YOUR INSTRUCTIONS: In full and word for word, copy the records that follow.

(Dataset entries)
==*==

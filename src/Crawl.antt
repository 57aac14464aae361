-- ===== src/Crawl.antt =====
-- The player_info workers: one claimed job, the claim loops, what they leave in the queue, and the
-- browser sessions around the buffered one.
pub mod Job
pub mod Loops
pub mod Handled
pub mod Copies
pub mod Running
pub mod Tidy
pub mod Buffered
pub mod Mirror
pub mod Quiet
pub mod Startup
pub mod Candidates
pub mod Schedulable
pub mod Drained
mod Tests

==*==

REPLY:
filename src/Crawl.antt
repository 57aac14464aae361
-- ===== src/Crawl.antt =====
-- The player_info workers: one claimed job, the claim loops, what they leave in the queue, and the
-- browser sessions around the buffered one.
pub mod Job
pub mod Loops
pub mod Handled
pub mod Copies
pub mod Running
pub mod Tidy
pub mod Buffered
pub mod Mirror
pub mod Quiet
pub mod Startup
pub mod Candidates
pub mod Schedulable
pub mod Drained
mod Tests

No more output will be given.